What this task involves:
Your answer must be the lines of the entries below, exactly as written, from the first line through the line containing "pub run : (q : ℕ) → p".

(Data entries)
Segment Open

-- ===== src/UserHeap/FirstFit.antt =====
-- The search of SYSHANDLER_sbrk in src/kernel/arch/x86_64/syscalls.c takes the first run of free pages.
use swag_os.Base.{
  ℕ, zero, suc, ◌+◌, ◌-◌, ◌*◌, ◌/◌, ◌%◌, ◌<◌, ◌≤◌, ◌≡◌, ◌≢◌, refl, ap, ap₂, ◌∙◌, ◌⊎◌, inl, inr,
  Bool, true, false, not, ◌==◌, if◌then◌else◌, Bool-cases, ==_ne, ==_iff, arith,
}
use mathlib.Core.Path.{subst}
use swag_os.Base.Bits.{test_bit}
use swag_os.UserHeap.{Bitmap, Search, nothing_found, count_bit, search_word, search_heap}

-- Page `p` of the heap is free.
abbrev pub is_free_page : Bitmap → ℕ → Bool
is_free_page m p = not (test_bit (m (p / 64)) (p % 64))

-- One of the `n` pages from `r` on is in use.
abbrev pub Broken : Bitmap → ℕ → ℕ → Type 0
Broken m n r = (q : ℕ) × (r ≤ q) × (q < r + n) × (is_free_page m q ≡ false)

-- The search before page `p`, with a run that is too short so far.
pub record Going (m : Bitmap) (pages p : ℕ) (s : Search) : Type 0 where
  pub short : s.curr_count < pages
  pub within : s.curr_count ≤ p
  pub run : (q : ℕ) → p ≤ q + s.curr_count → q < p → is_free_page m q ≡ true
  pub starts : (s.curr_count ≡ p) ⊎ (is_free_page m (p - s.curr_count - 1) ≡ false)
  pub earlier : (r : ℕ) → r + pages ≤ p → Broken m pages r
  pub place : 0 < s.curr_count → 64 * s.i_start + s.bit_start + s.curr_count ≡ p
  pub in_word : s.bit_start < 64

-- The search that ends with page `p`: the last of a run of free pages, the first that is long enough.
pub record Found (m : Bitmap) (pages p : ℕ) (s : Search) : Type 0 where
  pub counted : s.curr_count ≡ pages
  pub run : (q : ℕ) → 64 * s.i_start + s.bit_start ≤ q → q ≤ p → is_free_page m q ≡ true
  pub earlier : (r : ℕ) → r + pages ≤ p → Broken m pages r
  pub place : 64 * s.i_start + s.bit_start + pages ≡ suc p
  pub in_word : s.bit_start < 64
  pub end_place : 64 * s.end_i + s.end_bit ≡ p
  pub end_in_word : s.end_bit < 64

-- A step over a free page, with a run before it or without.
count-goes :
    (m : Bitmap) (i bit : ℕ) (s : Search)
    → test_bit (m i) bit ≡ false
    → s.curr_count ≢ 0
    → count_bit m i bit s ≡ record s { curr_count = suc s.curr_count }
unfolding count_bit
count-goes m i bit s free ne = rw (free, ==_ne s.curr_count 0 ne) refl

count-starts :
    (m : Bitmap) (i bit : ℕ) (s : Search)
    → test_bit (m i) bit ≡ false
    → s.curr_count ≡ 0
    → count_bit m i bit s ≡ record s { i_start = i; bit_start = bit; curr_count = 1 }
unfolding count_bit
count-starts m i bit s free z = rw (free, ap (λ x. x == 0) z) refl

count-breaks :
    (m : Bitmap) (i bit : ℕ) (s : Search)
    → test_bit (m i) bit ≡ true
    → count_bit m i bit s ≡ record s { curr_count = 0 }
unfolding count_bit
count-breaks m i bit s used = rw used refl

-- The run with page `p` counted, whether it is long enough or not.
record Counted (m : Bitmap) (pages p : ℕ) (s : Search) : Type 0 where
  count : s.curr_count ≤ pages
  within : s.curr_count ≤ suc p
  run : (q : ℕ) → p < q + s.curr_count → q ≤ p → is_free_page m q ≡ true
  starts : (s.curr_count ≡ suc p) ⊎ (is_free_page m (p - s.curr_count) ≡ false)
  earlier : (r : ℕ) → r + pages ≤ p → Broken m pages r
  place : 0 < s.curr_count → 64 * s.i_start + s.bit_start + s.curr_count ≡ suc p
  in_word : s.bit_start < 64

moved : (m : Bitmap) (a b : ℕ) {t : Bool} → a ≡ b → is_free_page m b ≡ t → is_free_page m a ≡ t
moved m a b e u = ap (is_free_page m) e ∙ u

page-bit :
    (m : Bitmap) (i bit : ℕ) → bit < 64 → is_free_page m (64 * i + bit) ≡ not (test_bit (m i) bit)
page-bit m i bit lt =
    let word : (64 * i + bit) / 64 ≡ i = omega (arith, lt) in
    let place : (64 * i + bit) % 64 ≡ bit = omega (arith, lt) in
    ap₂ (λ w b. not (test_bit (m w) b)) word place

start-Counted :
    (m : Bitmap) (pages i bit : ℕ) (s : Search)
    → bit < 64
    → Going m pages (64 * i + bit) s
    → is_free_page m (64 * i + bit) ≡ true
    → s.curr_count ≡ 0
    → Counted m pages (64 * i + bit) (record s { i_start = i; bit_start = bit; curr_count = 1 })
start-Counted m pages i bit s lt g free z =
    let p = 64 * i + bit in
    record {
      count = omega (arith, g.short);
      within = omega arith;
      run = λ q lo hi. moved m q p (omega (arith, lo, hi)) free;
      starts = elim g.starts [
        | inl e ↦ inl (omega (arith, e, z))
        | inr used ↦ inr (moved m (p - 1) (p - s.curr_count - 1) (omega (arith, z)) used)
      ];
      earlier = g.earlier;
      place = λ pos. omega arith;
      in_word = lt;
    }

goes-Counted :
    (m : Bitmap) (pages p : ℕ) (s : Search)
    → Going m pages p s
    → is_free_page m p ≡ true
    → s.curr_count ≢ 0
    → Counted m pages p (record s { curr_count = suc s.curr_count })
goes-Counted m pages p s g free ne = record {
  count = g.short;
  within = omega (arith, g.within);
  run = λ q lo hi. elim (Bool-cases (q == p)) [
    | inl e ↦ ap (is_free_page m) ((==_iff q p).0 e) ∙ free
    | inr e ↦ g.run q (omega (arith, lo)) (ground (arith, hi, e))
  ];
  starts = elim g.starts [
    | inl e ↦ inl (omega (arith, e))
    | inr used ↦ inr (moved m (p - suc s.curr_count) (p - s.curr_count - 1) (omega arith) used)
  ];
  earlier = g.earlier;
  place = λ pos. omega (arith, g.place (omega (arith, ne)));
  in_word = g.in_word;
}

broken_on :
    (m : Bitmap) (pages p : ℕ) (s : Search)
    → Going m pages p s
    → is_free_page m p ≡ false
    → Going m pages (suc p) (record s { curr_count = 0 })
broken_on m pages p s g used = record {
  short = omega (arith, g.short);
  within = omega arith;
  run = λ q lo hi. absurd (omega (arith, lo, hi));
  starts = inr (moved m (suc p - 0 - 1) p (omega arith) used);
  earlier = λ r le. elim (Bool-cases (r + pages == suc p)) [
    | inl e ↦
        let last : r + pages ≡ suc p = (==_iff (r + pages) (suc p)).0 e in
        (p, omega (arith, last, g.short), omega (arith, last), used)
    | inr e ↦ g.earlier r (ground (arith, le, e))
  ];
  place = λ pos. absurd (omega (arith, pos));
  in_word = g.in_word;
}

-- A run that is still too short: a longer one that ends here would hold the page before the run.
too_short :
    (m : Bitmap) (pages p : ℕ) (s : Search)
    → Counted m pages p s
    → s.curr_count ≢ pages
    → Going m pages (suc p) s
too_short m pages p s c ne = record {
  short = omega (arith, c.count, ne);
  within = c.within;
  run = λ q lo hi. c.run q (omega (arith, lo)) (omega (arith, hi));
  starts = elim c.starts [
    | inl e ↦ inl e
    | inr used ↦ inr (moved m (suc p - s.curr_count - 1) (p - s.curr_count) (omega arith) used)
  ];
  earlier = λ r le. elim (Bool-cases (r + pages == suc p)) [
    | inl e ↦
        let last : r + pages ≡ suc p = (==_iff (r + pages) (suc p)).0 e in
        elim c.starts [
          | inl all ↦ absurd (omega (arith, all, last, c.count, ne))
          | inr used ↦ (
            p - s.curr_count,
            omega (arith, last, c.count, ne),
            omega (arith, last, c.count, ne),
            used,
          )
        ]
    | inr e ↦ c.earlier r (ground (arith, le, e))
  ];
  place = c.place;
  in_word = c.in_word;
}

long_enough :
    (m : Bitmap) (pages i bit : ℕ) (s : Search)
    → 0 < pages
    → bit < 64
    → Counted m pages (64 * i + bit) s
    → s.curr_count ≡ pages
    → Found m pages (64 * i + bit) (record s { end_bit = bit; end_i = i })
long_enough m pages i bit s pos lt c full =
    let place = c.place (omega (arith, pos, full)) in
    record {
      counted = full;
      run = λ q lo hi. c.run q (omega (arith, lo, place)) hi;
      earlier = c.earlier;
      place = omega (arith, place, full);
      in_word = c.in_word;
      end_place = refl;
      end_in_word = lt;
    }

count_lem :
    (m : Bitmap) (pages i bit : ℕ) (s : Search)
    → bit < 64
    → Going m pages (64 * i + bit) s
    → Counted m pages (64 * i + bit) (count_bit m i bit s)
      ⊎ (((count_bit m i bit s).curr_count ≡ 0)
          × Going m pages (suc (64 * i + bit)) (count_bit m i bit s))
count_lem m pages i bit s lt g = elim (Bool-cases (test_bit (m i) bit)) [
  | inl used ↦
      let same = count-breaks m i bit s used in
      inr (
        ap (λ x. x.curr_count) same,
        rw same (broken_on m pages (64 * i + bit) s g (page-bit m i bit lt ∙ ap not used)),
      )
  | inr free ↦
      let here = page-bit m i bit lt ∙ ap not free in
      inl (elim (Bool-cases (s.curr_count == 0)) [
        | inl z ↦
            let zero_count : s.curr_count ≡ 0 = (==_iff s.curr_count 0).0 z in
            rw (count-starts m i bit s free zero_count)
              (start-Counted m pages i bit s lt g here zero_count)
        | inr z ↦
            let ne : s.curr_count ≢ 0 = λ y. ground (arith, y, z) in
            rw (count-goes m i bit s free ne) (goes-Counted m pages (64 * i + bit) s g here ne)
      ])
]

word-stops :
    (m : Bitmap) (pages i n bit : ℕ) (s : Search)
    → (count_bit m i bit s).curr_count ≡ pages
    → search_word m pages i (suc n) bit s
      ≡ record (count_bit m i bit s) { end_bit = bit; end_i = i }
unfolding search_word
word-stops m pages i n bit s full = rw ((==_iff (count_bit m i bit s).curr_count pages).1 full) refl

word-goes :
    (m : Bitmap) (pages i n bit : ℕ) (s : Search)
    → (count_bit m i bit s).curr_count ≢ pages
    → search_word m pages i (suc n) bit s ≡ search_word m pages i n (suc bit) (count_bit m i bit s)
unfolding search_word
word-goes m pages i n bit s short = rw (==_ne (count_bit m i bit s).curr_count pages short) refl

word-none : (m : Bitmap) (pages i bit : ℕ) (s : Search) → search_word m pages i 0 bit s ≡ s
unfolding search_word
word-none m pages i bit s = refl

-- Where a search stands that has come to page `p`.
pub data Searched (m : Bitmap) (pages p : ℕ) (s : Search) : Type 0 where
  going : Going m pages p s → Searched m pages p s
  found : (q : ℕ) → q < p → Found m pages q s → Searched m pages p s

search_word_lem :
    (m : Bitmap) (pages i n bit : ℕ) (s : Search)
    → 0 < pages
    → bit + n ≤ 64
    → Going m pages (64 * i + bit) s
    → Searched m pages (64 * i + (bit + n)) (search_word m pages i n bit s)
search_word_lem m pages i zero bit s pos le g =
    rw (word-none m pages i bit s) (going (subst (λ p. Going m pages p s) (omega arith) g))
search_word_lem m pages i (suc n) bit s pos le g =
    let s1 = count_bit m i bit s in
    let lt : bit < 64 = omega (arith, le) in
    let next : 64 * i + (suc bit + n) ≡ 64 * i + (bit + suc n) = omega arith in
    let go : s1.curr_count ≢ pages
        → Going m pages (suc (64 * i + bit)) s1
        → Searched m pages (64 * i + (bit + suc n)) (search_word m pages i (suc n) bit s) =
      λ short g1. rw (word-goes m pages i n bit s short) (
        subst (λ p. Searched m pages p (search_word m pages i n (suc bit) s1)) next
          (search_word_lem m pages i n (suc bit) s1 pos (omega (arith, le))
            (subst (λ p. Going m pages p s1) (omega arith) g1))) in
    elim (count_lem m pages i bit s lt g) [
      | inr (z, g1) ↦ go (λ e. omega (arith, e, z, pos)) g1
      | inl c ↦ elim (Bool-cases (s1.curr_count == pages)) [
        | inl full ↦
            let all : s1.curr_count ≡ pages = (==_iff s1.curr_count pages).0 full in
            rw (word-stops m pages i n bit s all)
              (found (64 * i + bit) (omega arith) (long_enough m pages i bit s1 pos lt c all))
        | inr part ↦
            let short : s1.curr_count ≢ pages = λ y. ground (arith, y, part) in
            go short (too_short m pages (64 * i + bit) s1 c short)
      ]
    ]

heap-none : (m : Bitmap) (pages i : ℕ) (s : Search) → search_heap m pages 0 i s ≡ s
unfolding search_heap
heap-none m pages i s = refl

heap-stops :
    (m : Bitmap) (pages n i : ℕ) (s : Search)
    → (search_word m pages i 64 0 s).curr_count ≡ pages
    → search_heap m pages (suc n) i s ≡ search_word m pages i 64 0 s
unfolding search_heap
heap-stops m pages n i s full =
    ap
      (λ b.
        if b
        then search_word m pages i 64 0 s
        else search_heap m pages n (suc i) (search_word m pages i 64 0 s))
      ((==_iff (search_word m pages i 64 0 s).curr_count pages).1 full)

heap-goes :
    (m : Bitmap) (pages n i : ℕ) (s : Search)
    → (search_word m pages i 64 0 s).curr_count ≢ pages
    → search_heap m pages (suc n) i s ≡ search_heap m pages n (suc i) (search_word m pages i 64 0 s)
unfolding search_heap
heap-goes m pages n i s short =
    ap
      (λ b.
        if b
        then search_word m pages i 64 0 s
        else search_heap m pages n (suc i) (search_word m pages i 64 0 s))
      (==_ne (search_word m pages i 64 0 s).curr_count pages short)

search_heap-Searched :
    (m : Bitmap) (pages n i : ℕ) (s : Search)
    → 0 < pages
    → Going m pages (64 * i) s
    → Searched m pages (64 * (i + n)) (search_heap m pages n i s)
search_heap-Searched m pages zero i s pos g =
    rw (heap-none m pages i s) (going (subst (λ p. Going m pages p s) (omega arith) g))
search_heap-Searched m pages (suc n) i s pos g =
    let s1 = search_word m pages i 64 0 s in
    let start : 64 * i ≡ 64 * i + 0 = omega arith in
    elim (search_word_lem m pages i 64 0 s pos (omega arith)
      (subst (λ p. Going m pages p s) start g)) [
        | going g1 ↦ rw (heap-goes m pages n i s (λ e. omega (arith, e, g1.short))) (
            subst (λ p. Searched m pages p (search_heap m pages n (suc i) s1)) (omega arith)
              (search_heap-Searched m pages n (suc i) s1 pos
                (subst (λ p. Going m pages p s1) (omega arith) g1)))
        | found q lt f ↦ rw (heap-stops m pages n i s f.counted) (found q (omega (arith, lt)) f)
      ]

-- How the search of sbrk for a number of pages ends.
pub data FirstFit (m : Bitmap) (pages : ℕ) (s : Search) : Type 0 where
  no_room :
      s.curr_count < pages → ((r : ℕ) → r + pages ≤ 32768 → Broken m pages r) → FirstFit m pages s
  room :
      (p : ℕ)
      → p + pages ≤ 32768
      → s.curr_count ≡ pages
      → 64 * s.i_start + s.bit_start ≡ p
      → 64 * s.end_i + s.end_bit + 1 ≡ p + pages
      → (s.bit_start < 64) × (s.end_bit < 64)
      → ((q : ℕ) → p ≤ q → q < p + pages → is_free_page m q ≡ true)
      → ((r : ℕ) → r < p → Broken m pages r)
      → FirstFit m pages s

-- The search of sbrk over the 32768 pages of the heap takes the first run of that many free pages, and
-- ends with its first and its last page; where it ends with a smaller count, no such run exists.
pub search_heap_lem :
    (m : Bitmap) (pages : ℕ)
    → 0 < pages
    → FirstFit m pages (search_heap m pages 512 0 nothing_found)
search_heap_lem m pages pos =
    let start : Going m pages (64 * 0) nothing_found = record {
      short = pos;
      within = omega arith;
      run = λ q lo hi. absurd (omega (arith, hi));
      starts = inl refl;
      earlier = λ r le. absurd (omega (arith, le, pos));
      place = λ z. absurd (omega (arith, z));
      in_word = omega arith;
    } in
    elim (search_heap-Searched m pages 512 0 nothing_found pos start) [
      | going g ↦ no_room g.short g.earlier
      | found q lt f ↦
          room
            (64 * (search_heap m pages 512 0 nothing_found).i_start
              + (search_heap m pages 512 0 nothing_found).bit_start)
            (omega (arith, f.place, lt)) f.counted refl (omega (arith, f.place, f.end_place))
            (f.in_word, f.end_in_word) (λ x lo hi. f.run x lo (omega (arith, hi, f.place)))
            (λ r lt0. f.earlier r (omega (arith, lt0, f.place)))
    ]
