words-keep :
    (kernel : Kernel) (bit_start bit_end n i : ℕ) (s : Marking)
    → (mark_words kernel bit_start bit_end n i s).heap.heap_allocations ≡ s.heap.heap_allocations
words-keep kernel bit_start bit_end zero i s =
    ap (λ x. x.heap.heap_allocations) (words-none kernel bit_start bit_end i s)
words-keep kernel bit_start bit_end (suc n) i s =
    let s1 = one_word kernel bit_start bit_end i s in
    let rest = mark_words kernel bit_start bit_end n (suc i) s1 in
    let step = words-step kernel bit_start bit_end n i s in
    let first = bits-keep kernel i (suc bit_end - bit_start) bit_start s.frames s in
    elim (Bool-cases s1.done) [
      | inl go ↦
          ap (λ x. x.heap.heap_allocations) (step ∙ ap (λ b. if b then rest else s1) go)
          ∙ words-keep kernel bit_start bit_end n (suc i) s1
          ∙ first
      | inr stop ↦
          ap (λ x. x.heap.heap_allocations) (step ∙ ap (λ b. if b then rest else s1) stop) ∙ first
    ]

entry-passed :
    (address : ℕ) (entry : HeapAllocEntry) (entries : List HeapAllocEntry)
    → (leb entry.start address && leb address entry.end) ≡ false
    → find_entry address (entry ∷ entries) ≡ find_entry address entries
unfolding find_entry
entry-passed address entry entries outside = rw outside refl

free-nothing :
    (kernel : Kernel) (head_pa address : ℕ) (h : UserHeap)
    → find_entry address h.heap_allocations ≡ none
    → free_heap_alloc_entry kernel.shift head_pa address h ≡ (h, [])
unfolding free_heap_alloc_entry
free-nothing kernel head_pa address h missing = rw (missing, free_heap_alloc_entry) refl

-- Addresses of the heap fall as pages rise.
address-falls :
    (i bit j last : ℕ)
    → 64 * i + bit + 1 ≤ 64 * j + last
    → 64 * j + last < 32768
    → heap_address j last + 0xFFF < heap_address i bit
unfolding heap_address
address-falls i bit j last lt low = omega (arith, lt, low)

address-positive : (i bit : ℕ) → 64 * i + bit < 32768 → 0 < heap_address i bit
unfolding heap_address
address-positive i bit lt = omega (arith, lt)

-- The entry of an allocation of several pages has no address at all.
entry-empty :
    (kernel : Kernel) (frames : List ℕ) (rsi : ℕ) (h : UserHeap)
    → 0x1000 ≤ rsi
    → (searched rsi h).curr_count ≡ rsi / 0x1000 + 1
    → (marking kernel frames (searched rsi h) h).done ≡ true
    → (marking kernel frames (searched rsi h) h).last
      < heap_address (searched rsi h).i_start (searched rsi h).bit_start
entry-empty kernel frames rsi h big full done =
    let s = searched rsi h in
    elim (search_heap_lem h.bitmap (rsi / 0x1000 + 1) (omega arith)) [
      | no_room short none_there ↦ absurd (omega (arith, short, full))
      | room p fits counted starts ends in_word free first ↦
          let several : 2 ≤ rsi / 0x1000 + 1 = omega (arith, big) in
          let words : suc (s.end_i - s.i_start) ≡ suc s.end_i - s.i_start =
            omega (arith, starts, ends, several, in_word.0, in_word.1) in
          let more : 64 * s.i_start + s.bit_start + 1 ≤ 64 * s.end_i + s.end_bit =
            omega (arith, starts, ends, several) in
          let low : 64 * s.end_i + s.end_bit < 32768 = omega (arith, ends, fits) in
          let start = start_of frames h in
          let same = ap (λ n. mark_words kernel s.bit_start s.end_bit n s.i_start start) words in
          elim (words-last kernel s.bit_start s.end_bit (s.end_i - s.i_start) s.i_start start
            (ap (λ x. x.done) same ∙ done)) [
              | inl (_, at) ↦
                  let last_word : s.i_start + (s.end_i - s.i_start) ≡ s.end_i =
                    omega (arith, words) in
                  let falls = address-falls s.i_start s.bit_start s.end_i s.end_bit more low in
                  let is_last =
                    ap (λ x. x.last) (sym same)
                    ∙ at
                    ∙ ap (λ x. heap_address x s.end_bit + 0xFFF) last_word in
                  omega (arith, is_last, falls)
              | inr (_, at) ↦
                  let is_zero = ap (λ x. x.last) (sym same) ∙ at in
                  omega (
                    arith,
                    is_zero,
                    address-positive s.i_start s.bit_start (omega (arith, more, low)),
                  )
            ]
    ]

Segment Closed

Expected output:
-- ===== src/UserHeap/FirstFit.antt =====
-- The search of SYSHANDLER_sbrk in src/kernel/arch/x86_64/syscalls.c takes the first run of free pages.
use swag_os.Base.{
  ℕ, zero, suc, ◌+◌, ◌-◌, ◌*◌, ◌/◌, ◌%◌, ◌<◌, ◌≤◌, ◌≡◌, ◌≢◌, refl, ap, ap₂, ◌∙◌, ◌⊎◌, inl, inr,
  Bool, true, false, not, ◌==◌, if◌then◌else◌, Bool-cases, ==_ne, ==_iff, arith,
}
use mathlib.Core.Path.{subst}
use swag_os.Base.Bits.{test_bit}
use swag_os.UserHeap.{Bitmap, Search, nothing_found, count_bit, search_word, search_heap}

-- Page `p` of the heap is free.
abbrev pub is_free_page : Bitmap → ℕ → Bool
is_free_page m p = not (test_bit (m (p / 64)) (p % 64))

-- One of the `n` pages from `r` on is in use.
abbrev pub Broken : Bitmap → ℕ → ℕ → Type 0
Broken m n r = (q : ℕ) × (r ≤ q) × (q < r + n) × (is_free_page m q ≡ false)

-- The search before page `p`, with a run that is too short so far.
pub record Going (m : Bitmap) (pages p : ℕ) (s : Search) : Type 0 where
  pub short : s.curr_count < pages
  pub within : s.curr_count ≤ p
  pub run : (q : ℕ) → p ≤ q + s.curr_count → q < p → is_free_page m q ≡ true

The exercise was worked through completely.